-- Opening Marker --
-- ===== src/Core/Markdown/Assembly.antt =====
-- A document that is put together from front matter and a body.
use agent_knowledge.Prelude.{
  ℕ, ◌≤◌, ◌≡◌, refl, ap, ◌∙◌, true, some, [], ◌∷◌, ◌++◌, arith, length, ok, Bytes, text,
  strip_prefix, strip_prefix-append, is_utf8, list_beq,
}
use agent_knowledge.Core.Markdown.{
  split_inclusive, is_delimiter, strip_opening, or_else, front_matter_offset, markdown_body,
  extract_front_matter,
}
use agent_knowledge.Core.Markdown.Lines.{
  concat, concat-split_inclusive, EndsLine, split_inclusive-append, AreContent,
  front_matter_offset-append, Stop,
}
use agent_knowledge.Core.Markdown.Sections.{remainder_front, body_of}

abbrev pub delimiter_line : Bytes
delimiter_line = text "---\n"

abbrev pub assemble : Bytes → Bytes → Bytes
assemble yaml body = delimiter_line ++ (yaml ++ (delimiter_line ++ body))

-- Front matter that can be read back: whole lines, none of them a delimiter.
pub record IsFrontMatter (yaml : Bytes) : Type 0 where
  pub whole_lines : EndsLine yaml
  pub content : AreContent (split_inclusive yaml)

strip_opening-assemble :
    (yaml body : Bytes)
    → strip_opening (assemble yaml body) ≡ some (yaml ++ (delimiter_line ++ body))
unfolding strip_opening
strip_opening-assemble yaml body =
    ap (λ o. or_else o (strip_prefix (text "---\r\n") (assemble yaml body)))
      (strip_prefix-append delimiter_line (yaml ++ (delimiter_line ++ body)))

split_delimiter : split_inclusive delimiter_line ≡ delimiter_line ∷ []
unfolding split_inclusive
split_delimiter = refl

is_delimiter_line : is_delimiter delimiter_line ≡ true
unfolding is_delimiter list_beq
is_delimiter_line = refl

module _ (yaml body : Bytes) (f : IsFrontMatter yaml) where
  assembled_stop : Stop (split_inclusive (yaml ++ (delimiter_line ++ body)))
  assembled_stop = record {
    before = split_inclusive yaml;
    line = delimiter_line;
    after = split_inclusive body;
    split_lines =
        split_inclusive-append yaml (delimiter_line ++ body) f.whole_lines
        ∙ ap (λ ls. split_inclusive yaml ++ ls)
            (split_inclusive-append delimiter_line body refl
              ∙ ap (λ ls. ls ++ split_inclusive body) split_delimiter);
    content = f.content;
    delimiter = is_delimiter_line;
  }

  -- The front matter of an assembled document is the one that it was assembled from, where it is
  -- made of whole lines that are no delimiters and is within the limit.
  pub extract_front_matter-assemble :
      (maximum : ℕ)
      → length yaml ≤ maximum
      → extract_front_matter (assemble yaml body) maximum ≡ ok yaml
  unfolding extract_front_matter assembled_stop
  extract_front_matter-assemble maximum fits =
      let same = concat-split_inclusive yaml in
      let at : front_matter_offset maximum 0 (split_inclusive (yaml ++ (delimiter_line ++ body)))
          ≡ ok (length (concat (split_inclusive yaml))) =
        ap (front_matter_offset maximum 0) assembled_stop.split_lines
        ∙ front_matter_offset-append maximum 0 (split_inclusive yaml) (split_inclusive body)
            delimiter_line f.content is_delimiter_line (rw same (omega arith))
        ∙ ap ok (omega arith) in
      rw (strip_opening-assemble yaml body, at)
        (ap ok (remainder_front (yaml ++ (delimiter_line ++ body)) assembled_stop ∙ same))

  -- So is its body, where the document is UTF-8.
  pub markdown_body-assemble :
      is_utf8 (assemble yaml body) ≡ true → markdown_body (assemble yaml body) ≡ ok body
  unfolding assembled_stop
  markdown_body-assemble valid =
      body_of (assemble yaml body) (yaml ++ (delimiter_line ++ body)) assembled_stop valid
        (strip_opening-assemble yaml body)
      ∙ ap ok (concat-split_inclusive body)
-- Closing Marker --
Exercise description:
Determine how many lines of the data include the word "omega". Reply with the count and no other text.

Reply:
2